Given the stakes during this pandemic, this move in the US is welcome. Nevertheless, at any time, we need our watchdogs to be vigilant for fraud in clinical trials – as lives are at stake.
To obtain Food and Drug Administration (“FDA”) approval for new drugs and medical devices, manufacturers — also known as “sponsors” — must prove that a proposed new product is safe for human consumption or use. To do so, sponsors conduct clinical trials that test the product on human beings, and submit data from such trials to the FDA.2 After obtaining the FDA’s go-ahead to begin clinical trials, sponsors typically hire (either directly or indirectly via contract research organizations) individual research laboratories known as “investigators” to actually conduct the trials. In entering into this agreement, investigators must agree to comply with all FDA regulations.3 However, the sponsor is responsible at all times for monitoring clinical investigations and must ensure their investigators’ compliance.4 Ultimately, data from clinical research trials becomes a key component of a sponsor’s final application for FDA approval of its new drug. False or misleading statements in any part of a final application (including clinical research data) can be grounds for the FDA withholding or withdrawing its approval of a new drug, and can also be the basis for civil and criminal enforcement actions against the sponsor, contract research organization, or investigator.5
1 Gustav Eyler, Dir. Consumer Prot.

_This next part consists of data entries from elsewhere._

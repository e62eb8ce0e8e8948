-- ===== src/Exit/Kernel.antt =====
-- What the steps of threads that leave a process do, branch by branch.
use qba.Prelude.{
  ℕ, ◌<◌, ◌≡◌, ◌≢◌, refl, ap, ◌∙◌, Bool, true, false, not, ◌||◌, none, some, ◌==◌, if◌then◌else◌,
  update, arith, lt→ltb,
}
use qba.Prelude.Outcome.{Outcome, ok, panic, ◌>>=◌, ◌>>◌, assert}
use qba.Bitmap.{bitmap_set, bitmap_reset}
use qba.Threads.Types.{ready, blocked, zombie, is_blocked}
use qba.Exit.{
  Exiting, exiting_main, exiting_normal, UserThread, Proc, dec, set_status, unblock,
  unblock_pointer, unblock_joiner, wake_up_joiner, pthread_exits, Leave, leave_by, exit_if_exiting,
  pthread_exit, minus_one, set_exit_code, proceeds, exit_helper, normal_by, process_exit_normal,
}

-- What the steps leave where they neither halt nor wake a thread.
abbrev pub out : ℕ → Proc → Proc
out t p = record p {
  in_kernel_threads = dec p.in_kernel_threads;
  thread = update p.thread t (record (p.thread t) { in_handler = false });
}

abbrev pub left : ℕ → Proc → Proc
left t p =
    set_status
      (record p {
        stacks = bitmap_reset p.stacks (p.thread t).stack_no;
        active_threads = dec p.active_threads;
      })
      t zombie

pub update_other : (f : ℕ → UserThread) (t u : ℕ) (v : UserThread) → u ≢ t → update f t v u ≡ f u
update_other f t u v ne = ground arith

pub update_self : (f : ℕ → UserThread) (t : ℕ) (v : UserThread) → update f t v t ≡ v
update_self f t v = ground arith

pub equal : (a b : ℕ) → a ≡ b → (a == b) ≡ true
equal a b e = ground arith

pub unequal : (a b : ℕ) → a ≢ b → (a == b) ≡ false
unequal a b e = ground arith

pub unblock_lem :
    (t : ℕ) (p : Proc) → (p.thread t).status ≡ blocked → unblock t p ≡ ok (set_status p t ready)
unfolding unblock
unblock_lem t p b = ap (λ s. assert (is_blocked s) >> ok (set_status p t ready)) b

pub unblock_panics :
    (t : ℕ) (p : Proc) → is_blocked (p.thread t).status ≡ false → unblock t p ≡ panic
unfolding unblock
unblock_panics t p b = rw b refl

pub wake_up_joiner-none :
    (t : ℕ) (p : Proc) → (p.thread t).joined_by ≡ none → wake_up_joiner t p ≡ ok p
unfolding wake_up_joiner
wake_up_joiner-none t p j = ap (λ o. unblock_joiner o p) j

pub pthread_exit_unjoined :
    (t : ℕ) (p : Proc)
    → (p.thread t).joined_by ≡ none
    → (p.thread t).stack_no < p.stacks.bit_cnt
    → pthread_exit t p ≡ ok (left t p)
unfolding pthread_exit bitmap_set
pthread_exit_unjoined t p j s =
    rw (wake_up_joiner-none t p j, lt→ltb (p.thread t).stack_no p.stacks.bit_cnt s) refl

pub exit_by :
    (t : ℕ) (is_pthread_exit : Bool) (p : Proc) {x : Exiting}
    → p.exiting ≡ x
    → exit_if_exiting t is_pthread_exit p ≡ leave_by x is_pthread_exit (out t p)
unfolding exit_if_exiting
exit_by t is_pthread_exit p e = ap (λ x. leave_by x is_pthread_exit (out t p)) e

abbrev pub then_exits : Outcome Proc → Outcome (Leave × Proc)
then_exits o = do q ← o; ok (pthread_exits, q)

pub leave_normal_last :
    (is_pthread_exit : Bool) (p : Proc) {t : ℕ}
    → p.in_kernel_threads ≡ 1
    → p.thread_exiting ≡ some t
    → leave_by exiting_normal is_pthread_exit p ≡ then_exits (unblock t p)
leave_normal_last is_pthread_exit p n e =
    rw (equal p.in_kernel_threads 1 n) (ap (λ o. then_exits (unblock_pointer o p)) e)

pub leave_normal_other :
    (is_pthread_exit : Bool) (p : Proc)
    → p.in_kernel_threads ≢ 1
    → leave_by exiting_normal is_pthread_exit p ≡ ok (pthread_exits, p)
leave_normal_other is_pthread_exit p n = rw (unequal p.in_kernel_threads 1 n) refl

pub leave_main_last :
    (p : Proc) {m : ℕ}
    → p.active_threads ≡ 2
    → p.main_thread ≡ m
    → leave_by exiting_main true p ≡ then_exits (unblock m p)
leave_main_last p n e = rw (equal p.active_threads 2 n) (ap (λ t. then_exits (unblock t p)) e)

pub set_exit_code_only :
    (p : Proc) (exit_code : ℕ)
    → set_exit_code p exit_code ≡ record p { exit_code = (set_exit_code p exit_code).exit_code }
unfolding set_exit_code
set_exit_code_only p exit_code = by_test ((p.exit_code == 0) || not (exit_code == minus_one))
  where
    by_test :
        (b : Bool)
        → (if b then record p { exit_code = exit_code } else p)
          ≡ record p { exit_code = (if b then record p { exit_code = exit_code } else p).exit_code }
    by_test true = refl
    by_test false = refl

pub process_exit_normal_main :
    (t exit_code : ℕ) (p : Proc)
    → p.exiting ≡ exiting_main
    → (p.thread t).joined_by ≡ none
    → t ≢ p.main_thread
    → process_exit_normal t exit_code p
      ≡ ok (
        proceeds,
        record (exit_helper p.main_thread false
            (record p { exit_code = (set_exit_code p exit_code).exit_code })) {
              in_kernel_threads = dec p.in_kernel_threads;
            },
      )
unfolding process_exit_normal
process_exit_normal_main t exit_code p e j ne = rw (wake_up_joiner-none t p j) (
    ap (λ q. normal_by q.exiting t q) (set_exit_code_only p exit_code)
    ∙ ap (λ x. normal_by x t (record p { exit_code = (set_exit_code p exit_code).exit_code })) e
    ∙ rw (unequal t p.main_thread ne) refl)
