-- ===== src/Exit/Hang.antt =====
-- Orders of the steps of threads that leave a process, where one of them is not served.
use qba.Prelude.{ℕ, ◌<◌, ◌≡◌, ◌≢◌, refl, ap, ◌∙◌, Bool, true, false, none, some, arith}
use qba.Prelude.Outcome.{ok, panic}
use qba.Threads.Types.{ready, blocked, zombie, is_blocked}
use qba.Exit.{
  exiting_none, exiting_main, exiting_normal, Proc, dec, set_thread, set_status, set_exit_code,
  pthread_exits, goes_on, exit_if_exiting, pthread_exit, main_waits, proceeds, exit_helper,
  process_exit_normal, wait_for_kernel, Found, join_search, join_wait,
}
use qba.Exit.Kernel.{
  out, left, update_other, unblock_lem, unblock_panics, process_exit_normal_main,
  pthread_exit_unjoined, exit_by, then_exits, leave_normal_last, leave_main_last,
}

-- While a process exits normally and the thread that exits it has not blocked yet, the thread that
-- leaves the kernel as the last but that one halts the machine: `thread_unblock` finds its argument
-- not blocked.
pub exit_if_exiting_early :
    (t u : ℕ) (is_pthread_exit : Bool) (p : Proc)
    → t ≢ u
    → p.exiting ≡ exiting_normal
    → p.thread_exiting ≡ some t
    → p.in_kernel_threads ≡ 2
    → is_blocked (p.thread t).status ≡ false
    → exit_if_exiting u is_pthread_exit p ≡ panic
exit_if_exiting_early t u is_pthread_exit p ne e te n b =
    exit_by u is_pthread_exit p e
    ∙ leave_normal_last is_pthread_exit (out u p) (ground arith) te
    ∙ ap then_exits (
        unblock_panics t (out u p)
          (ap (λ v. is_blocked v.status) (update_other p.thread u t _ ne) ∙ b))

-- The thread `u`, the last beside a main thread `m` that waits in `pthread_exit_main`, wakes it before
-- it counts itself out. If the main thread runs in between, it blocks again and nobody is left to wake
-- it; if it runs after, it goes on.
pub pthread_exit_main_lost :
    (m u : ℕ) (p : Proc)
    → m ≢ u
    → p.exiting ≡ exiting_main
    → p.main_thread ≡ m
    → (p.thread m).status ≡ blocked
    → p.active_threads ≡ 2
    → (p.thread u).joined_by ≡ none
    → (p.thread u).stack_no < p.stacks.bit_cnt
    → (p₁ : Proc) × (p₂ : Proc) × (p₃ : Proc) × (q : Proc) × (exit_if_exiting u true p
        ≡ ok (pthread_exits, p₁))
      × (main_waits m p₁ ≡ (false, p₂))
      × (pthread_exit u p₂ ≡ ok p₃)
      × ((p₃.thread m).status ≡ blocked)
      × ((p₃.thread u).status ≡ zombie)
      × (p₃.active_threads ≡ 1)
      × (pthread_exit u p₁ ≡ ok q)
      × (main_waits m q ≡ (true, q))
unfolding main_waits
pthread_exit_main_lost m u p ne e mt b n j s =
    let p₁ : Proc = set_status (out u p) m ready in
    let p₂ : Proc = set_status p₁ m blocked in
    let unjoined : (p₁.thread u).joined_by ≡ none = ground (arith, j) in
    let unjoined' : (p₂.thread u).joined_by ≡ none = ground (arith, j) in
    (
      p₁,
      p₂,
      left u p₂,
      left u p₁,
      exit_by u true p e
          ∙ leave_main_last (out u p) n mt
          ∙ ap then_exits (unblock_lem m (out u p) (ground (arith, b))),
      rw n refl,
      pthread_exit_unjoined u p₂ unjoined' ground (arith, b, s),
      ground (arith, b, s),
      ground (arith, b, s),
      rw n refl,
      pthread_exit_unjoined u p₁ unjoined ground (arith, b, s),
      rw n refl,
    )

-- If the main thread `m` has called `pthread_exit` and another thread `t` then calls `exit` while a
-- third, `u`, is in the kernel, `u` goes back to user code, and `t` stays blocked although it is the
-- only thread in the kernel.
pub process_exit_normal_lost :
    (m t u exit_code : ℕ) (p : Proc)
    → t ≢ u
    → t ≢ m
    → p.exiting ≡ exiting_main
    → p.main_thread ≡ m
    → (p.thread t).joined_by ≡ none
    → p.in_kernel_threads ≡ 3
    → (p₁ : Proc) × (p₂ : Proc) × (p₃ : Proc) × (process_exit_normal t exit_code p
        ≡ ok (proceeds, p₁))
      × (wait_for_kernel t p₁ ≡ (false, p₂))
      × (exit_if_exiting u false p₂ ≡ ok (goes_on, p₃))
      × (p₃.in_kernel_threads ≡ 1)
      × ((p₃.thread t).status ≡ blocked)
unfolding process_exit_normal set_exit_code exit_helper wait_for_kernel
process_exit_normal_lost m t u exit_code p tu tm e mt j n =
    let p₀ : Proc = record p { exit_code = (set_exit_code p exit_code).exit_code } in
    let p₁ : Proc = record (exit_helper p₀.main_thread false p₀) {
      in_kernel_threads = dec p₀.in_kernel_threads;
    } in
    let p₂ : Proc = set_status p₁ t blocked in
    (
      p₁,
      p₂,
      out u p₂,
      process_exit_normal_main t exit_code p e j (λ q. tm (q ∙ mt)),
      rw n refl,
      exit_by u false p₂ e,
      rw n refl,
      ground (arith, tu),
    )

-- A thread that `pthread_join` finds running and that exits before the caller has put itself down as
-- its joiner wakes nobody, and the caller then blocks although the thread is a zombie.
pub pthread_join_lost :
    (t u tid : ℕ) (f : Found) (p : Proc)
    → t ≢ u
    → join_search tid p.threads p ≡ some f
    → f.block_wait ≡ true
    → f.pos ≡ u
    → p.exiting ≡ exiting_none
    → (p.thread u).joined_by ≡ none
    → (p.thread t).joined_by ≡ none
    → (p.thread u).stack_no < p.stacks.bit_cnt
    → (p₁ : Proc) × (p₂ : Proc) × (pthread_exit u p ≡ ok p₁)
      × (join_wait t f p₁ ≡ some (true, p₂))
      × ((p₂.thread u).status ≡ zombie)
      × ((p₂.thread t).status ≡ blocked)
unfolding join_wait
pthread_join_lost t u tid f p tu s w at e ju jt k =
    let p₁ : Proc = left u p in
    (
      p₁,
      set_status (set_thread p₁ f.pos (record (p₁.thread f.pos) { joined_by = some t })) t blocked,
      pthread_exit_unjoined u p ju k,
      ground (arith, w, at, e, jt, tu),
      ground (arith, at, tu),
      ground (arith, at, tu),
    )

Branch, Dep’t of Justice, Remarks at the Food and Drug Law Institute’s Advertising and Promotion Conference (Oct. 18, 2019).
2 21 C.F.R. §§ 312.20–312.23.
3 Food & Drug Admin., Information Sheet Guidance for Sponsors, Clinical Investigators, and IRBs (May 2010).
4 21 C.F.R. § 312.56.
5 21. C.F.R. § 314.150; 21 U.S.C. § 331(jj) (authorizing civil penalties); 18 U.S.C. § 1001(a)(2) (criminal liability for false statements to government officials); 18 U.S.C. §§ 1341, 1343 (criminal mail and wire fraud); 21 U.S.C. § 331 (failure to establish and maintain accurate clinical records); 18 U.S.C. § 1347 (health care fraud).